Kind of hard to get on with my own thing, knowing my childs mom is parked right down the street getting it on with the ever so serious new relationship...

It just shouldnt fking be this way.. what insult added to injury..

"I hope you find someone perfect for you Daddy".. Mommy sure did"...

UGHHhhh!!!!!
The accidental and cutting words of a child that dont understand... 

How I wished I could have explained what a fking a-hole her mom has become..


----------



## Lon (Jun 6, 2011)

Hey shoo, you may be sick of hearing it, but I genuinely wish you a good year to come - you deserve it.

I too am saddened and frustrasted having to deal with my ex, she took our son to the city where she was having her affairs, and her partying lifestyle - at first I never questioned her intent because she was going with her roomate (a single mom who also has a child my son's age) but when she mentioned they were staying with her friend (a woman) whom she met through one of her AP's there it triggered all kinds of uncertainty again.

I discussed this with her father, even though he really doesn't want to get involved I really needed to express my feelings about her to him - he doesn't want to know what horrible sh!t his daughter is capable of, and even though I don't question that she loves our child I really don't trust her judgement or ability to be honest.
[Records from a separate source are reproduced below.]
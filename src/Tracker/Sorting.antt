-- ===== src/Tracker/Sorting.antt =====
-- The order of transactions is total on well dated ones, and the sort of `get_state` sorts by it.
use mathlib.Core.List.{Perm, Permᴰ}
use mathlib.Core.List.Perm
use mathlib.Core.Logic.{∥∥₁_elim}
use mathlib.Core.Path.{subst₂}
use mwck_rs.Prelude.{
  ℕ, ◌^◌, ◌≤◌, ◌<◌, ◌≡◌, refl, sym, ◌∙◌, subst, ◌≢◌, ◌⊎◌, inl, inr, true, false, not, Option, none,
  some, List, [], ◌∷◌, arith, compare, Ordering, All, Bool-cases,
}
use mwck_rs.Esplora.{Tx, IsWellDated}
use mwck_rs.Tracker.Order.{
  partial_cmp_tx_time, partial_cmp_tx_time-ne-none, expect, cmp_tx_time, in_time, insert_by_time,
  sort_by_time,
}

-- Confirmed transactions count by height, and the mempool comes after every block.
abbrev pub height_rank : Option ℕ → ℕ
height_rank none = 2 ^ 32
height_rank (some h) = h

abbrev pub rank : Tx → ℕ
rank tx = height_rank tx.status.block_height

expect_lem {ℓ} : {A : Type ℓ} (o : Option A) (h : o ≢ none) (a : A) → o ≡ some a → expect o h ≡ a
unfolding expect
expect_lem none h a e = absurd (h refl)
expect_lem (some b) h a e = cc

cmp_of_partial : (a b : Tx) (o : Ordering) → partial_cmp_tx_time a b ≡ some o → cmp_tx_time a b ≡ o
unfolding cmp_tx_time
cmp_of_partial a b o e = expect_lem (partial_cmp_tx_time a b) (partial_cmp_tx_time-ne-none a b) o e

-- By rank, and by txid within a rank.
abbrev pub rank_cmp : Tx → Tx → Ordering
rank_cmp a b = elim (compare (rank a) (rank b)) [
  | Ordering.lt ↦ Ordering.lt
  | Ordering.gt ↦ Ordering.gt
  | Ordering.eq ↦ compare a.txid b.txid
]

partial_cmp-rank_cmp :
    (a b : Tx) → IsWellDated a → IsWellDated b → partial_cmp_tx_time a b ≡ some (rank_cmp a b)
unfolding partial_cmp_tx_time
partial_cmp-rank_cmp a b da db = ground arith

-- On well dated transactions `cmp_tx_time` is the lexicographic order of rank and txid.
pub cmp_tx_time-rank_cmp :
    (a b : Tx) → IsWellDated a → IsWellDated b → cmp_tx_time a b ≡ rank_cmp a b
cmp_tx_time-rank_cmp a b da db = cmp_of_partial a b (rank_cmp a b) (partial_cmp-rank_cmp a b da db)

abbrev pub Before : Tx → Tx → Type 0
Before a b = (rank a < rank b) ⊎ ((rank a ≡ rank b) × (a.txid ≤ b.txid))

pub in_time→Before : (a b : Tx) → IsWellDated a → IsWellDated b → in_time a b ≡ true → Before a b
unfolding in_time
in_time→Before a b da db h = ground (arith, cmp_tx_time-rank_cmp a b da db)

pub not-in_time→Before :
    (a b : Tx) → IsWellDated a → IsWellDated b → in_time a b ≡ false → Before b a
unfolding in_time
not-in_time→Before a b da db h = ground (arith, cmp_tx_time-rank_cmp a b da db)

pub Before→in_time : (a b : Tx) → IsWellDated a → IsWellDated b → Before a b → in_time a b ≡ true
unfolding in_time
Before→in_time a b da db h = ground (arith, cmp_tx_time-rank_cmp a b da db)

-- Each transaction stands before all that follow it.
abbrev pub IsSorted : List Tx → Type 0
IsSorted [] = Unit
IsSorted (x ∷ xs) = All (Before x) xs × IsSorted xs

Before-trans : (a b c : Tx) → Before a b → Before b c → Before a c
Before-trans a b c h k = omega arith

insert_by_time-All {κ} :
    (P : Tx → Type κ) (x : Tx) (l : List Tx) → P x → All P l → All P (insert_by_time x l)
unfolding insert_by_time
insert_by_time-All P x [] p h = (p, tt)
insert_by_time-All P x (y ∷ l) p h = ground (arith, insert_by_time-All P x l p h.1)

pub sort_by_time-All {κ} : (P : Tx → Type κ) (l : List Tx) → All P l → All P (sort_by_time l)
unfolding sort_by_time
sort_by_time-All P [] h = tt
sort_by_time-All P (x ∷ l) h =
    insert_by_time-All P x (sort_by_time l) h.0 (sort_by_time-All P l h.1)

pub All-Before : (x y : Tx) (l : List Tx) → Before x y → All (Before y) l → All (Before x) l
All-Before x y [] h k = tt
All-Before x y (z ∷ l) h k = (Before-trans x y z h k.0, All-Before x y l h k.1)

insert_by_time-IsSorted :
    (x : Tx) (l : List Tx)
    → IsWellDated x
    → All IsWellDated l
    → IsSorted l
    → IsSorted (insert_by_time x l)
unfolding insert_by_time
insert_by_time-IsSorted x [] d ds s = (tt, tt)
insert_by_time-IsSorted x (y ∷ l) d ds s = elim (Bool-cases (in_time x y)) [
  | inl e ↦ let h = in_time→Before x y d ds.0 e in rw e ((h, All-Before x y l h s.0), s)
  | inr e ↦ rw e (
    insert_by_time-All (Before y) x l (not-in_time→Before x y d ds.0 e) s.0,
    insert_by_time-IsSorted x l d ds.1 s.1,
  )
]

-- Oldest first: the result of the sort is sorted.
pub sort_by_time-IsSorted : (l : List Tx) → All IsWellDated l → IsSorted (sort_by_time l)
unfolding sort_by_time
sort_by_time-IsSorted [] d = tt
sort_by_time-IsSorted (x ∷ l) d =
    insert_by_time-IsSorted x (sort_by_time l) d.0 (sort_by_time-All IsWellDated l d.1)
      (sort_by_time-IsSorted l d.1)

insert_by_time-perm : (x : Tx) (l : List Tx) → Perm (insert_by_time x l) (x ∷ l)
unfolding insert_by_time
insert_by_time-perm x [] = Perm.refl (x ∷ [])
insert_by_time-perm x (y ∷ l) = elim (Bool-cases (in_time x y)) [
  | inl e ↦ rw e (Perm.refl (x ∷ y ∷ l))
  | inr e ↦ rw e (Perm.trans (Perm.cons y (insert_by_time-perm x l)) (Perm.swap x y l))
]

pub sort_by_time-perm : (l : List Tx) → Perm (sort_by_time l) l
unfolding sort_by_time
sort_by_time-perm [] = Perm.refl []
sort_by_time-perm (x ∷ l) =
    Perm.trans (insert_by_time-perm x (sort_by_time l)) (Perm.cons x (sort_by_time-perm l))

in_time_flip :
    (x y : Tx) → x.txid ≢ y.txid → IsWellDated x → IsWellDated y → in_time y x ≡ not (in_time x y)
unfolding in_time
in_time_flip x y ne dx dy =
    ground (arith, cmp_tx_time-rank_cmp x y dx dy, cmp_tx_time-rank_cmp y x dy dx)

in_time_trans :
    (x y z : Tx)
    → IsWellDated x
    → IsWellDated y
    → IsWellDated z
    → in_time x y ≡ true
    → in_time y z ≡ true
    → in_time x z ≡ true
in_time_trans x y z dx dy dz h k =
    Before→in_time x z dx dz
      (Before-trans x y z (in_time→Before x y dx dy h) (in_time→Before y z dy dz k))

-- Two transactions with different txids go into a list in either order.
insert_comm :
    (x y : Tx) (l : List Tx)
    → x.txid ≢ y.txid
    → IsWellDated x
    → IsWellDated y
    → All IsWellDated l
    → insert_by_time x (insert_by_time y l) ≡ insert_by_time y (insert_by_time x l)
unfolding insert_by_time
insert_comm x y [] ne dx dy d = ground (arith, in_time_flip x y ne dx dy)
insert_comm x y (z ∷ l) ne dx dy d = ground (
  arith,
  in_time_flip x y ne dx dy,
  in_time_trans x y z dx dy d.0,
  in_time_trans y x z dy dx d.0,
  insert_comm x y l ne dx dy d.1,
)

-- No other transaction of a list has the txid.
abbrev pub Apart : Tx → Tx → Type 0
Apart x y = x.txid ≢ y.txid

abbrev pub HaveOwnTxids : List Tx → Type 0
HaveOwnTxids [] = Unit
HaveOwnTxids (x ∷ xs) = All (Apart x) xs × HaveOwnTxids xs

Permᴰ-All {κ} : (P : Tx → Type κ) {l l' : List Tx} → Permᴰ l l' → All P l → All P l'
Permᴰ-All P Permᴰ.nil h = tt
Permᴰ-All P (Permᴰ.cons e p) h = (subst P e h.0, Permᴰ-All P p h.1)
Permᴰ-All P (Permᴰ.swap e f) h = (subst P f h.1.0, (subst P e h.0, h.1.1))
Permᴰ-All P (Permᴰ.trans p q) h = Permᴰ-All P q (Permᴰ-All P p h)

Permᴰ-HaveOwnTxids : {l l' : List Tx} → Permᴰ l l' → HaveOwnTxids l → HaveOwnTxids l'
Permᴰ-HaveOwnTxids Permᴰ.nil h = tt
Permᴰ-HaveOwnTxids (Permᴰ.cons {b = b} {l₂ = l₂} e p) h =
    (subst (λ x. All (Apart x) l₂) e (Permᴰ-All _ p h.0), Permᴰ-HaveOwnTxids p h.1)
Permᴰ-HaveOwnTxids (Permᴰ.swap {l = l} e f) h = (
  (subst₂ Apart f e (λ q. h.0.0 (sym q)), subst (λ x. All (Apart x) l) f h.1.0),
  (subst (λ x. All (Apart x) l) e h.0.1, h.1.1),
)
Permᴰ-HaveOwnTxids (Permᴰ.trans p q) h = Permᴰ-HaveOwnTxids q (Permᴰ-HaveOwnTxids p h)

sort_of_permᴰ :
    {l l' : List Tx}
    → Permᴰ l l'
    → HaveOwnTxids l
    → All IsWellDated l
    → sort_by_time l ≡ sort_by_time l'
unfolding sort_by_time
sort_of_permᴰ Permᴰ.nil h d = refl
sort_of_permᴰ (Permᴰ.cons e p) h d = cc (e, sort_of_permᴰ p h.1 d.1)
sort_of_permᴰ (Permᴰ.swap {a = a} {b = b} {l = l} e f) h d =
    insert_comm a b (sort_by_time l) h.0.0 d.0 d.1.0 (sort_by_time-All IsWellDated l d.1.1)
    ∙ cc (e, f)
sort_of_permᴰ (Permᴰ.trans p q) h d =
    sort_of_permᴰ p h d ∙ sort_of_permᴰ q (Permᴰ-HaveOwnTxids p h) (Permᴰ-All IsWellDated p d)

Tx_list-set : IsSet (List Tx)
Tx_list-set = hlevel

-- The order in which the transactions come does not matter to the sort.
pub sort_of_perm :
    (l l' : List Tx)
    → Perm l l'
    → HaveOwnTxids l
    → All IsWellDated l
    → sort_by_time l ≡ sort_by_time l'
sort_of_perm l l' p h d = ∥∥₁_elim p (Tx_list-set _ _) (λ q. sort_of_permᴰ q h d)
I ended up spelling out the terms of our separation we are both agreeing to again as a reminder of her obligations - such as she has to be with him the whole time and there is to be no displays of affection with anyone, if she is not with him for any amount of time I have the right to know who he is with etc. It is not ideal, how could I even enforce any of this, but its the best I can do.

I know its hard, but you and I really do have to let go of that fear and anger towards the mothers of our children, mostly because we don't have a choice about it and also so we can focus on our own parental duties and life responsibilities.


----------



## Shooboomafoo (Mar 30, 2011)

Our daughters birthday is around the new years, so according to my daughters wishes, she, my ex, and I met for lunch on the kiddos birthday. 
It wasnt a bad lunch, no discussion of relationship issues, all very superficial, which was good. 
But then coming home, and about an hour later seeing her car down there. I just cant take it. 
Theres injury, which comes and goes, and one is given time to heal.
Then theres situations like this, that seem all-too-common for me in my life, that not only is there injury, theres a continuing salting of the wound that I pray for protection from, but then somehow I cant seem to get away from.
It hurts so much. I feel trapped because I cannot rid myself of the events that CONTINUE to pile on the sh!t. Trying to have and make a good life with my daughter when she is with me, but being beaten from within. Dont look down the street, I tell myself, but shes there. 
Back at work today, after a long break which was nice, except for seeing the ex all the time. Im so disturbed by the past weeks events, and I cant seem to find any relief from it. I just want to get away from her completely. This has removed the last thread of concern or care for that woman that I could remotely muster from the goodness of my own being,, to be cast aside like yesterdays news, only to be traded for utter greaseball trash. Then, to have to witness it. 
This is too much for me to take. 

Saw a girl on FB the other day, that has recently remarried. Her and her prior husband had two kids. This girl posts pictures of her kids laughing and smiling on her new husbands lap, with a caption that reads "the kids love their new step-dad"..
I'm sorry, but that would fking kill me. I think I would just take a walk into a freeway, and knowing that its a full-on possibility, Im just not ready for any of this. 
Why does this continue to dig deeper at me? Why does her life seem so much better now? It appears to reflect upon me, despite my knowing better than to let it, it appears that leaving me was the best thing for her!! 
I cant take another day like this.. its fcking killing me. 
Nice guys do finish last. I honestly feel like theres no place for me.
I think life is teaching me a lesson in how to be an assshole, and in order to protect myself, I am beginning to think thats all thats left for me.


----------



## Shooboomafoo (Mar 30, 2011)

Well thats it then. My rationale regarding marriage was too romaniticized and put on a pedestal, when it should have been regarded as nothing further than a casual encounter. All the faith I put in another person was my folly. I will be sure to never do that again. Lesson learned.


----------



## Lon (Jun 6, 2011)

yeah the day I see my child spending quality time with some new partner my XW may choose will cut me deep. What you can do as a parent is your best - just make sure your daughter gets all your love, and should she ever be in peril due to your ex's poor choices be ready to take the action necessary to protect her. I know you are hurting bad right now, and it feels like you lose while she wins, and as long as you give in to that situation, that is how it will be. Go back to the 180, you have a chance to put yourself right, seek help with an IC to deal with the fallout and your NG/codependent issues. Your only path right now is the one you make for yourself, and your daughter needs her real dad, no one will ever fill your position.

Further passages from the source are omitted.